Der Zahn wird durch den Zahnschmelzmantel im Bereich der Zahnkrone geschützt, denn auf der Zahnkrone ist der Zahn mit einer Lage Zahnschmelz (Enamelum) überzogen, wo es sich um das widerstandsfähigste Gewebe im Körper handelt, noch vor dem Unterkiefer, dem härtesten aller Knochen. Für die grosse Härte dieses Gewebes sind die Fluorverbindungen verantwortlich, denn der Schmelz auf dem Zahn besteht zu 98 Prozent aus den Mineralsalzen von Kalzium, Phosphat und Fluor. Dadurch ist der Zahnschmelz beinahe jeder mechanischen Belastung gewachsen, nicht aber allen chemischen und biologischen Substanzen wie Säuren und Bakterien, denn diese können den stabilsten Zahnschmelz Anätzen und aufweichen. Dauerbelastungen und Säuren über einen längeren Zeitraum können den Zahnschmelzmantel durch unbehandelte Karies, Reflux und Magensäure und den dabei entstehenden Zahnerosionen schädigen, im Besonderen wenn der pH-Wert vom Speichel in der Mundhöhle unter 5,5 fällt.

Zahnschmelz als Schutz

Der Zahnschmelz sorgt dafür, dass der Zahn geschützt ist und die Bakterien nicht den Zahn angreifen können.

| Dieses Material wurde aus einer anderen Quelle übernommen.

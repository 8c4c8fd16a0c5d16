-- ===== src/Config/Reporting/Complete.antt =====
-- The problems that Load of backend/internal/config/config.go has found stay in its error.
use flow_cast.Base.{
  Text, text_eq, is_empty, OneOf, if◌then◌else◌, Bool-cases, ◌≡◌, refl, sym, subst, inl, inr, Bool,
  true, false, Option, none, some, List, [], ◌∷◌, ◌++◌, err,
}
use flow_cast.Config.Reader.{Platform, Problems, FieldError, add_problem}
use flow_cast.Config.Reporting.{
  Field, all_fields, field_problem, field_problems, read_config-problems,
}
use flow_cast.Config.Loading.{problem_if, read_config}
use flow_cast.Config.Types.{
  provider_openai, provider_mock, DatabaseConfig, RedisConfig, AuthConfig, AiConfig, Config,
}
use flow_cast.Config.Validating.{
  report_problem, validate_database, validate_redis, validate_auth, validate_provider, validate_ai,
  validate_server, validate_settings, settled, load,
}

module _ (p : FieldError) where
  OneOf-append_left : (xs ys : Problems) → OneOf p xs → OneOf p (xs ++ ys)
  OneOf-append_left [] ys m = absurd m
  OneOf-append_left (x ∷ xs) ys (inl e) = inl e
  OneOf-append_left (x ∷ xs) ys (inr m) = inr (OneOf-append_left xs ys m)

  OneOf-append_right : (xs ys : Problems) → OneOf p ys → OneOf p (xs ++ ys)
  OneOf-append_right [] ys m = m
  OneOf-append_right (x ∷ xs) ys m = inr (OneOf-append_right xs ys m)

  add_problem-keeps :
      (variable message : Text) (errs : Problems)
      → OneOf p errs
      → OneOf p (add_problem errs variable message)
  unfolding add_problem
  add_problem-keeps variable message errs m = OneOf-append_left errs _ m

  problem_if-keeps :
      (b : Bool) (variable message : Text) (errs : Problems)
      → OneOf p errs
      → OneOf p (problem_if b errs variable message)
  unfolding problem_if
  problem_if-keeps true variable message errs m = add_problem-keeps variable message errs m
  problem_if-keeps false variable message errs m = m

  module _ (os : Platform) where
    report_problem-keeps :
        (variable : Text) (o : Option Text) (errs : Problems)
        → OneOf p errs
        → OneOf p (report_problem os errs variable o)
    report_problem-keeps variable none errs m = m
    report_problem-keeps variable (some message) errs m = add_problem-keeps variable message errs m

    if_empty-keeps :
        (b : Bool) (variable : Text) (o : Option Text) (errs : Problems)
        → OneOf p errs
        → OneOf p (if b then errs else report_problem os errs variable o)
    if_empty-keeps true variable o errs m = m
    if_empty-keeps false variable o errs m = report_problem-keeps variable o errs m

    validate_server-keeps :
        (c : Config) (errs : Problems) → OneOf p errs → OneOf p (validate_server os c errs)
    unfolding validate_server
    validate_server-keeps c errs m = problem_if-keeps _ _ _ _ (problem_if-keeps _ _ _ _ m)

    validate_database-keeps :
        (c : DatabaseConfig) (errs : Problems)
        → OneOf p errs
        → OneOf p (validate_database os c errs)
    unfolding validate_database
    validate_database-keeps c errs m = problem_if-keeps _ _ _ _ (
        problem_if-keeps _ _ _ _ (
          problem_if-keeps _ _ _ _
            (problem_if-keeps _ _ _ _ (if_empty-keeps (is_empty c.url) _ _ _ m))))

    validate_redis-keeps :
        (c : RedisConfig) (errs : Problems) → OneOf p errs → OneOf p (validate_redis os c errs)
    unfolding validate_redis
    validate_redis-keeps c errs m =
        if_empty-keeps (is_empty c.url) _ _ _ (problem_if-keeps _ _ _ _ m)

    validate_auth-keeps :
        (c : AuthConfig) (errs : Problems) → OneOf p errs → OneOf p (validate_auth c errs)
    unfolding validate_auth
    validate_auth-keeps c errs m = problem_if-keeps _ _ _ _ (
        problem_if-keeps _ _ _ _
          (problem_if-keeps _ _ _ _ (problem_if-keeps _ _ _ _ (problem_if-keeps _ _ _ _ m))))

    validate_provider-keeps :
        (c : AiConfig) (errs : Problems) → OneOf p errs → OneOf p (validate_provider os c errs)
    unfolding validate_provider
    validate_provider-keeps c errs m = elim (Bool-cases (text_eq c.provider provider_mock)) [
      | inl mock ↦ rw mock m
      | inr real ↦ elim (Bool-cases (text_eq c.provider provider_openai)) [
        | inl openai ↦
            rw (real, openai)
              (problem_if-keeps _ _ _ _
                (problem_if-keeps _ _ _ _ (problem_if-keeps _ _ _ _ (problem_if-keeps _ _ _ _ m))))
        | inr unknown_one ↦ rw (real, unknown_one) (add_problem-keeps _ _ errs m)
      ]
    ]

    validate_ai-keeps :
        (c : AiConfig) (errs : Problems) → OneOf p errs → OneOf p (validate_ai os c errs)
    unfolding validate_ai
    validate_ai-keeps c errs m =
        problem_if-keeps _ _ _ _ (problem_if-keeps _ _ _ _ (validate_provider-keeps c _ m))

    validate_settings-keeps :
        (c : Config) (errs : Problems) → OneOf p errs → OneOf p (validate_settings os c errs)
    unfolding validate_settings
    validate_settings-keeps c errs m = validate_ai-keeps c.ai _ (
        validate_auth-keeps c.auth _ (
          validate_redis-keeps c.redis _
            (validate_database-keeps c.database _ (validate_server-keeps c _ m))))

    field_problems-has :
        (f : Field) (fs : List Field)
        → OneOf f fs
        → OneOf p (field_problem os f)
        → OneOf p (field_problems os fs)
    unfolding field_problems
    field_problems-has f [] m h = absurd m
    field_problems-has f (g ∷ fs) (inl e) h =
        OneOf-append_left (field_problem os g) _ (subst (λ x. OneOf p (field_problem os x)) e h)
    field_problems-has f (g ∷ fs) (inr m) h =
        OneOf-append_right (field_problem os g) _ (field_problems-has f fs m h)

    settled-reports :
        (c : Config) (errs : Problems)
        → OneOf p errs
        → (ps : Problems) × (settled c errs ≡ err ps) × OneOf p ps
    settled-reports c [] m = absurd m
    settled-reports c (e ∷ es) m = (e ∷ es, refl, m)

    -- Load fails where a variable that has to be set is not, or one that is set does not parse, and its
    -- error has the problem of that variable, whatever other problems there are.
    pub load-reports :
        (f : Field)
        → OneOf f all_fields
        → OneOf p (field_problem os f)
        → (ps : Problems) × (load os ≡ err ps) × OneOf p ps
    unfolding load
    load-reports f m h =
        settled-reports (read_config os).0
          (validate_settings os (read_config os).0 (read_config os).1)
          (validate_settings-keeps (read_config os).0 (read_config os).1
            (subst (OneOf p) (sym (read_config-problems os)) (field_problems-has f all_fields m h)))
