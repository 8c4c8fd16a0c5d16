-- ===== src/Examples.antt =====
-- Concrete libraries and stores that meet the assumptions of the development, and its theorems at
-- concrete inputs.
pub mod Codec
pub mod Jwt
pub mod World
pub mod Sessions
pub mod Accounts
pub mod Records
pub mod Settings
pub mod Web
pub mod Data
pub mod Tables
pub mod Incidents
pub mod Startup
pub mod Health
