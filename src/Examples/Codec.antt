-- ===== src/Examples/Codec.antt =====
-- Values written to a text of numbers and read back.
use flow_cast.Base.{
  Time, length, ℕ, zero, suc, ◌≡◌, refl, Option, none, some, List, [], ◌∷◌, pos, negsuc, Text,
}

pub record Codec (A : Type 0) : Type 0 where
  pub put : A → Text → Text
  pub get : Text → Option (A × Text)
  pub get-put : (a : A) (rest : Text) → get (put a rest) ≡ some (a, rest)

abbrev get_number : Text → Option (ℕ × Text)
get_number [] = none
get_number (n ∷ rest) = some (n, rest)

abbrev pub number_codec : Codec ℕ
number_codec = record { put = λ n rest. n ∷ rest; get = get_number; get-put = λ n rest. refl }

-- A list: its length before its items.
module _ {A : Type 0} (c : Codec A) where
  abbrev put_items : List A → Text → Text
  put_items [] rest = rest
  put_items (a ∷ xs) rest = c.put a (put_items xs rest)

  abbrev get_items : ℕ → Text → Option (List A × Text)
  get_items zero t = some ([], t)
  get_items (suc n) t = elim (c.get t) [
    | none ↦ none
    | some (a, rest) ↦ elim (get_items n rest) [ none ↦ none | some (xs, end) ↦ some (a ∷ xs, end) ]
  ]

  pub get_items-put_items :
      (xs : List A) (rest : Text) → get_items (length xs) (put_items xs rest) ≡ some (xs, rest)
  get_items-put_items [] rest = refl
  get_items-put_items (a ∷ xs) rest =
      rw (c.get-put a (put_items xs rest), get_items-put_items xs rest)

  abbrev get_list : Text → Option (List A × Text)
  get_list [] = none
  get_list (n ∷ rest) = get_items n rest

  abbrev pub list_codec : Codec (List A)
  list_codec = record {
    put = λ xs rest. length xs ∷ put_items xs rest;
    get = get_list;
    get-put = get_items-put_items;
  }

abbrev put_time : Time → Text → Text
put_time (pos n) rest = 0 ∷ n ∷ rest
put_time (negsuc n) rest = 1 ∷ n ∷ rest

abbrev get_time : Text → Option (Time × Text)
get_time (zero ∷ n ∷ rest) = some (pos n, rest)
get_time (suc _ ∷ n ∷ rest) = some (negsuc n, rest)
get_time (_ ∷ []) = none
get_time [] = none

pub get_time-put_time : (t : Time) (rest : Text) → get_time (put_time t rest) ≡ some (t, rest)
get_time-put_time (pos n) rest = refl
get_time-put_time (negsuc n) rest = refl

abbrev pub time_codec : Codec Time
time_codec = record { put = put_time; get = get_time; get-put = get_time-put_time }

module _ {A : Type 0} (c : Codec A) where
  abbrev put_option : Option A → Text → Text
  put_option none rest = 0 ∷ rest
  put_option (some a) rest = 1 ∷ c.put a rest

  abbrev get_option : Text → Option (Option A × Text)
  get_option [] = none
  get_option (zero ∷ rest) = some (none, rest)
  get_option (suc _ ∷ rest) = elim (c.get rest) [ none ↦ none | some (a, end) ↦ some (some a, end) ]

  pub get_option-put_option :
      (o : Option A) (rest : Text) → get_option (put_option o rest) ≡ some (o, rest)
  get_option-put_option none rest = refl
  get_option-put_option (some a) rest = rw (c.get-put a rest)

  abbrev pub option_codec : Codec (Option A)
  option_codec = record { put = put_option; get = get_option; get-put = get_option-put_option }

module _ {A B : Type 0} (c : Codec A) (d : Codec B) where
  abbrev get_pair : Text → Option ((A × B) × Text)
  get_pair t = elim (c.get t) [
    | none ↦ none
    | some (a, rest) ↦ elim (d.get rest) [ none ↦ none | some (b, end) ↦ some ((a, b), end) ]
  ]

  pub get_pair-put :
      (p : A × B) (rest : Text) → get_pair (c.put p.0 (d.put p.1 rest)) ≡ some (p, rest)
  get_pair-put p rest = rw (get_pair, c.get-put p.0 (d.put p.1 rest), d.get-put p.1 rest)

  abbrev pub pair_codec : Codec (A × B)
  pair_codec = record {
    put = λ p rest. c.put p.0 (d.put p.1 rest);
    get = get_pair;
    get-put = get_pair-put;
  }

Wenn der Zahn besonders empfindlich auf Wärme oder auf Kälte reagiert, dann sind dieses Anzeichen dafür, dass der Zahnschmelz zerstört worden ist und rasch mit dem Aufbauen des Zahnschmelzes begonnen werden soll, damit keine grössere Schäden entstehen können. Der Zahnschmelz ist die Schutzhülle der Zähne, ist er zerstört, bietet der Zahn eine grosse Angriffsfläche für Kariesbakterien, sodass der Gang zum Zahnarzt zur Gewohnheit wird. Zerstörten Zahnschmelz zu reparieren, ohne das eine Zahnbehandlung beim Zahnarzt stattfindet ist nicht möglich.

Auf der Kaufläche ist der Zahnschmelz am dicksten und nimmt zunehmen nach unten gegen den Zahnhals ab.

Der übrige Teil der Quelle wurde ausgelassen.